# 2000 F350 Drw V10



## GO WEST (May 25, 2009)

I test drove an F350 Lariat dually V10 crew cab with a Big Foot 11-12 ft truck camper on back. Bilstein shocks and air bags. 75K. $17,900. It ran fine, had some rock to it on a windy day on the freeway, about like a 95Jayco 23 ft class C I used to have (460ci). I would appreciate any commentary comparing this truck as a tow vehicle to my current 99 Suburban 2500 7.4L. I like the Suburban but it has 193K and needs some major AC work (AC seems inherently suspect on this year Suburban?). Doing a little reading I see this Ford V10 is a 2 valve and it generates little more hp/torque than my 454ci in the Suburban. And from what I read, both are gas hogs. about 11-12 mpg unloaded. 7-8 towing. The advantage of the F350 is that it is over 100K less miles, very well taken care of 1 owner. Would it be a decent truck to tow a 5th wheel or slide out Outback like a 250RS? KBB on this truck is about $9-$10K so I'd offer $15,000 drive out for the 350/Bigfoot combo. Never had a truck camper, but it is pretty cool, fully self contained except no generator. Mainly I am shooting for the tow vehicle--considering a 3,000 mi trip to California in June (gas price in Texas $3.60 ouch).


----------



## Todd&Regan (Jul 1, 2010)

The F-350 will tow about anything you hook to it. Ford's 6.8L V10 is a very good engine and has good reviews on other forums. Some have reported getting over 400,000 miles out of that engine. If you buy it, just make sure it's caught up on all it's regular maintenance.


----------



## Dave-Gray (Jul 9, 2012)

Your discussion is mainly about engine performance. IMHO, that is not the first priority of discussion. The first priority is ensuring that load ratings of the truck will not be exceeded by the load or the trailer that is being towed. Not all F350s are the same and the little information you give about the truck is not enough to really give an honest opinion. I recommend you visit *Fifth Wheel St.* and read *Before You Buy That RV, Truck or Other Tow Vehicle*.


----------



## Sandlapper (Apr 12, 2010)

Being that it is a 1 ton,dual wheels, etc, you will be more than adequate to pull something like a 25RS. I don't know what the ratings are for the V10, but i'd be willing to bet that with the duals, you'd be at or around 10,000... probaly more than that.It will like the gas but it will pull the front end of that 25RS!


----------



## egregg57 (Feb 13, 2006)

2000 Ford Super Duty Specs


----------



## ORvagabond (Apr 17, 2009)

GO WEST said:


> I test drove an F350 Lariat dually V10 crew cab with a Big Foot 11-12 ft truck camper on back. Bilstein shocks and air bags. 75K. $17,900. It ran fine, had some rock to it on a windy day on the freeway, about like a 95Jayco 23 ft class C I used to have (460ci). I would appreciate any commentary comparing this truck as a tow vehicle to my current 99 Suburban 2500 7.4L. I like the Suburban but it has 193K and needs some major AC work (AC seems inherently suspect on this year Suburban?). Doing a little reading I see this Ford V10 is a 2 valve and it generates little more hp/torque than my 454ci in the Suburban. And from what I read, both are gas hogs. about 11-12 mpg unloaded. 7-8 towing. The advantage of the F350 is that it is over 100K less miles, very well taken care of 1 owner. Would it be a decent truck to tow a 5th wheel or slide out Outback like a 250RS? KBB on this truck is about $9-$10K so I'd offer $15,000 drive out for the 350/Bigfoot combo. Never had a truck camper, but it is pretty cool, fully self contained except no generator. Mainly I am shooting for the tow vehicle--considering a 3,000 mi trip to California in June (gas price in Texas $3.60 ouch).

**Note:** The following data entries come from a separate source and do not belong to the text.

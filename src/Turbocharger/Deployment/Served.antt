-- ===== src/Turbocharger/Deployment/Served.antt =====
-- pkg/turbocharger: what was deployed is served, from the workers to the reply of the manifest handler.
use edgerouter.Base.{
  suc, ◌≡◌, ◌≢◌, refl, sym, ap, ◌∙◌, subst, inl, inr, Str, bytes, eq_refl, ne→eq-false, List, [],
  ◌∷◌, map, Option, some, Result, ok, err, panic, ok-injective, and_then-eq-ok, All, Any, Any-map,
  Any_imp, ℕ,
}
use edgerouter.Base.Dict.{lookup, insert, lookup-insert}
use edgerouter.Base.Sort.{SliceSort, Any-perm}
use edgerouter.Turbocharger.Ids.{ObjectId, Encodings, id_string}
use edgerouter.Turbocharger.Store.{Cas}
use edgerouter.Turbocharger.Store.Contract.{IsStore, IsReliable}
use edgerouter.Turbocharger.Manifest.{
  FilePath, Manifest, ManifestMetadata, OptimizedManifest, insert_files, optimize_manifest,
  FileRequest, Codecs,
}
use edgerouter.Turbocharger.Manifest.State.{Hydrated, HandlerState}
use edgerouter.Turbocharger.Manifest.Serve.{choose_file, serve_http_from_manifest}
use edgerouter.Turbocharger.Manifest.Coherent.{Holds, IsGzip, IsCoherent}
use edgerouter.Turbocharger.Manifest.Available.{IsFree}
use edgerouter.Turbocharger.Manifest.Delivered.{IsDelivered, serve_http_from_manifest-IsDelivered}
use edgerouter.Turbocharger.Deployment.{
  Deploying, start_deploying, Steps, FileToDeploy, ManifestWithId, path_lt, path_of,
  insert_manifest, finish_deployment,
}
use edgerouter.Turbocharger.Deployment.Same.{Steps-perm, Steps-deploy}
use edgerouter.Turbocharger.Deployment.Order.{HasDistinctPaths, HasDistinctPaths-perm}
use mathlib.Core.List.Permᴰ
use mathlib.Core.List.{Permᴰ}

insert_files-others :
    (p : Str) (xs : List FilePath) (d : OptimizedManifest)
    → All (λ y. y.path ≢ p) xs
    → lookup p (insert_files xs d) ≡ lookup p d
insert_files-others p [] d h = refl
insert_files-others p (x ∷ xs) d h =
    insert_files-others p xs (insert x.path x d) h.1
    ∙ lookup-insert x.path p x d
    ∙ rw (ne→eq-false x.path p h.0) refl

insert_files-lookup :
    (x : FilePath) (xs : List FilePath) (d : OptimizedManifest)
    → HasDistinctPaths xs
    → Any (λ y. y ≡ x) xs
    → lookup x.path (insert_files xs d) ≡ some x
insert_files-lookup x [] d u i = absurd i
insert_files-lookup x (y ∷ xs) d u (inl e) =
    subst (λ z. lookup z.path (insert_files xs (insert y.path y d)) ≡ some z) e
      (insert_files-others y.path xs (insert y.path y d) u.0
        ∙ lookup-insert y.path y.path y d
        ∙ rw (eq_refl y.path) refl)
insert_files-lookup x (y ∷ xs) d u (inr i) = insert_files-lookup x xs (insert y.path y d) u.1 i

-- A manifest with distinct paths has each of its files under its path.
pub choose_file-listed :
    (m : Manifest) (x : FilePath)
    → HasDistinctPaths m.files
    → Any (λ y. y ≡ x) m.files
    → choose_file (optimize_manifest m) x.path ≡ some (x, 200)
unfolding choose_file optimize_manifest
choose_file-listed m x u i = rw (insert_files-lookup x m.files [] u i) refl

-- What finishing a deployment leaves: the manifest, under the digest of its text.
record IsKept {O : Type 0} (sha256 : Str → ObjectId) (sorting : SliceSort path_lt)
    (marshal : Manifest → Result Str) (view : O → ObjectId → Option Str)
    (metadata : ManifestMetadata) (noted_files : List FilePath) (deployed : ManifestWithId) (s' : O)
    : Type 0 where
  text : Str
  written : marshal deployed.manifest ≡ ok text
  its_id : deployed.id ≡ sha256 text
  its_files : deployed.manifest.files ≡ sorting.sort noted_files
  there : (c : Str) × (view s' deployed.id ≡ some c)

finish_deployment-IsKept :
    {O : Type 0} (sha256 : Str → ObjectId) (sorting : SliceSort path_lt)
    (marshal : Manifest → Result Str) (origin : Cas O) (view : O → ObjectId → Option Str)
    → IsStore origin view
    → (metadata : ManifestMetadata) (noted_files : List FilePath) (s s' : O)
      (deployed : ManifestWithId)
    → finish_deployment sha256 sorting marshal origin metadata noted_files s ≡ (ok deployed, s')
    → IsKept sha256 sorting marshal view metadata noted_files deployed s'
unfolding finish_deployment
finish_deployment-IsKept sha256 sorting marshal origin view store metadata [] s s' deployed h =
    let p = ap (λ q. q.0) h in cc
finish_deployment-IsKept {O = O} sha256 sorting marshal origin view store metadata (x ∷ xs) s s'
      deployed h =
    marshalled (marshal manifest) refl h
  where
    manifest : Manifest
    manifest = record { metadata = metadata; files = sorting.sort (x ∷ xs) }

    marshalled :
        (r : Result Str)
        → marshal (record { metadata = metadata; files = sorting.sort (x ∷ xs) }) ≡ r
        → insert_manifest sha256 sorting marshal origin
            (record { metadata = metadata; files = sorting.sort (x ∷ xs) })
            r
            s
          ≡ (ok deployed, s')
        → IsKept sha256 sorting marshal view metadata (x ∷ xs) deployed s'
    marshalled (ok text) e k =
        let out = origin.insert_object (sha256 text) text (bytes "application/json") s in
        let (u, t, now, later) = and_then-eq-ok (out.0.result, out.1) _ k in
        let is : record {
          id = sha256 text;
          manifest = record { metadata = metadata; files = sorting.sort (x ∷ xs) };
        }
            ≡ deployed =
          ok-injective (ap (λ p. p.0) later) in
        let same : out.1 ≡ s' = ap (λ p. p.1) now ∙ ap (λ p. p.1) later in
        let (c, stored) =
          store.insert_done (sha256 text) text (bytes "application/json") s (ap (λ p. p.0) now) in
        record {
          text = text;
          written = ap (λ d. marshal d.manifest) (sym is) ∙ e;
          its_id = ap (λ d. d.id) (sym is);
          its_files = ap (λ d. d.manifest.files) (sym is);
          there = (
            c,
            ap (λ d. view s' d.id) (sym is) ∙ ap (λ q. view q (sha256 text)) (sym same) ∙ stored,
          );
        }
    marshalled (err message) e k = let p = ap (λ q. q.0) k in cc
    marshalled panic e k = let p = ap (λ q. q.0) k in cc

module _ {O C : Type 0} (enc : Encodings) (codecs : Codecs) (origin : Cas O) (cache : Cas C)
    (origin_view : O → ObjectId → Option Str) (cache_view : C → ObjectId → Option Str)
    (origin_store : IsStore origin origin_view) (cache_store : IsStore cache cache_view)
    (origin_reliable : IsReliable origin origin_view) (cache_reliable : IsReliable cache cache_view)
    (gz : IsGzip codecs) (content : ObjectId → Str)
    (wait_manifest : Str → HandlerState O C → HandlerState O C)
    (wait_file : Str → HandlerState O C → Hydrated × HandlerState O C)
    (manifest_waits : (key : Str) (h : HandlerState O C)
      → IsCoherent codecs origin_view cache_view content h
      → IsCoherent codecs origin_view cache_view content (wait_manifest key h))
    (file_waits : (key : Str) (h : HandlerState O C)
      → IsCoherent codecs origin_view cache_view content h
      → IsCoherent codecs origin_view cache_view content (wait_file key h).1) where
  -- After a complete run of the workers and the finish of the deployment, a handler over the stores
  -- that these left, with any coherent caches, serves each deployed file under its path: the call
  -- returns without an error, and its reply is the file's content with status 200 or "not modified".
  -- The digests name the contents and the text of the manifest, which decodes to the manifest; the
  -- stores do not fail; and nobody holds a lock.
  pub Steps-served :
      (sha256 : Str → ObjectId) (mime_type_by_extension : Str → Str) (sorting : SliceSort path_lt)
      (marshal : Manifest → Result Str) (metadata : ManifestMetadata) (source : List FileToDeploy)
      (s m₀ m₁ : O) (end : Deploying O) (deployed : ManifestWithId) (h : HandlerState O C)
      (file : FileToDeploy) (r : FileRequest) (attempts : ℕ)
      → HasDistinctPaths (map (path_of sha256) source)
      → All (λ f. content (sha256 f.content) ≡ f.content) source
      → Holds origin_view content s
      → Steps sha256 mime_type_by_extension origin (start_deploying source s) end
      → (end.source ≡ []) × (end.received ≡ []) × (end.uploaded ≡ [])
      → finish_deployment sha256 sorting marshal origin metadata end.files m₀ ≡ (ok deployed, m₁)
      → ((text : Str)
          → marshal deployed.manifest ≡ ok text
          → (content (sha256 text) ≡ text) × (codecs.decode_manifest text ≡ ok deployed.manifest))
      → (h.files ≡ end.store) × (h.manifests ≡ m₁)
      → IsCoherent codecs origin_view cache_view content h
      → ((key : Str) → IsFree key h.manifest_locks × IsFree key h.file_locks)
      → Any (λ f. f ≡ file) source
      → r.path ≡ file.path
      → IsDelivered enc codecs content
          (path_of sha256 file)
          200
          r
          (serve_http_from_manifest enc codecs origin cache wait_manifest wait_file
            (suc attempts)
            deployed.id
            r
            h).0
  Steps-served sha256 mime sorting marshal metadata source s m₀ m₁ end deployed h file r attempts
        distinct named holds steps complete finished readable (same_files, same_manifests) good free
        listed at =
      let kept =
        finish_deployment-IsKept sha256 sorting marshal origin origin_view origin_store metadata
          end.files m₀ m₁ deployed finished in
      let perm =
        Steps-perm sha256 mime origin origin_view origin_store content source s end steps
          complete in
      let x = path_of sha256 file in
      let sorted = Permᴰ.trans perm (Permᴰ.symm (sorting.sort_perm end.files)) in
      let is_listed : Any (λ y. y ≡ x) deployed.manifest.files =
        subst (Any (λ y. y ≡ x)) (sym kept.its_files) (
          Any-perm (λ y. y ≡ x) sorted
            (Any-map (path_of sha256) (λ y. y ≡ x) source
              (Any_imp _ _ source (λ f e. ap (path_of sha256) e) listed))) in
      let is_distinct : HasDistinctPaths deployed.manifest.files =
        subst HasDistinctPaths (sym kept.its_files) (HasDistinctPaths-perm sorted distinct) in
      let chosen : choose_file (optimize_manifest deployed.manifest) r.path ≡ some (x, 200) =
        ap (choose_file (optimize_manifest deployed.manifest)) at
        ∙ choose_file-listed deployed.manifest x is_distinct is_listed in
      let (names, decodes) = readable kept.text kept.written in
      let is_text : content deployed.id ≡ kept.text = ap content kept.its_id ∙ names in
      let decoded : codecs.decode_manifest (content deployed.id) ≡ ok deployed.manifest =
        ap codecs.decode_manifest is_text ∙ decodes in
      let (c, there) = kept.there in
      let there' : origin_view h.manifests deployed.id ≡ some c =
        ap (λ q. origin_view q deployed.id) same_manifests ∙ there in
      let has_manifest : origin_view h.manifests deployed.id ≡ some (content deployed.id) =
        there' ∙ ap some (good.manifests deployed.id c there') in
      let has_file : origin_view h.files x.content_id ≡ some (content x.content_id) =
        stored_file source
          (Steps-deploy sha256 mime origin origin_view content source s end origin_store distinct
            named holds steps complete).1
          named listed in
      serve_http_from_manifest-IsDelivered enc codecs origin cache origin_view cache_view
        origin_store cache_store origin_reliable cache_reliable gz content wait_manifest wait_file
        manifest_waits file_waits attempts deployed.id r h deployed.manifest x 200 good decoded
        chosen has_manifest has_file (free (id_string enc deployed.id)).0
        (free (id_string enc x.content_id)).1
    where
      stored_file :
          (l : List FileToDeploy)
          → All (λ f. origin_view end.store (sha256 f.content) ≡ some f.content) l
          → All (λ f. content (sha256 f.content) ≡ f.content) l
          → Any (λ f. f ≡ file) l
          → origin_view h.files (sha256 file.content) ≡ some (content (sha256 file.content))
      stored_file [] a n i = absurd i
      stored_file (f ∷ l) a n (inl e) =
          subst (λ g. origin_view h.files (sha256 g.content) ≡ some (content (sha256 g.content))) e
            (ap (λ q. origin_view q (sha256 f.content)) same_files ∙ a.0 ∙ ap some (sym n.0))
      stored_file (f ∷ l) a n (inr i) = stored_file l a.1 n.1 i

I think on the 2 valve you need to be really careful about the rear plugs as it has minimal threads and is esy to strip....you hearing about blowing spark plugs.


----------



## Dave-Gray (Jul 9, 2012)

For someone to say that engine X is so powerful it will tow anything will someday realize some costly repairs. If the drive train/axle system is only rated for 16K, then that's all it's rated for. Ratings are calculated on the weakest link in the system. To continually overtax a vehicle by exceeding the ratings will eventually result in a failure. Don't assume that engine X is capable of towing trailer Y without calculating the manufacture's certification label load ratings.


----------



## Sandlapper (Apr 12, 2010)

I think you would enjoy the stability of the dual wheels on that Ford, or any brand for that matter.I'm guessing its a long bed, with that crew cab, thats a long wheel base, great for towing. We camp with some folks that pull their 34 ft. 5'er and they tow with the V10 and he loves it. Loves it so much, that he bought a newer version of the same truck. Again, i think you would appreciate the stability that having that extra set of wheels provides, something folks don't understand unless they either have it or have tried it. I'm sure you'll stay within or right at your weight ratings for that particular truck when choosing a camper so, all in all, I think that a F350 DRW V10 would be an exceptional tow vehicle, whether it be a TT or 5'er.


----------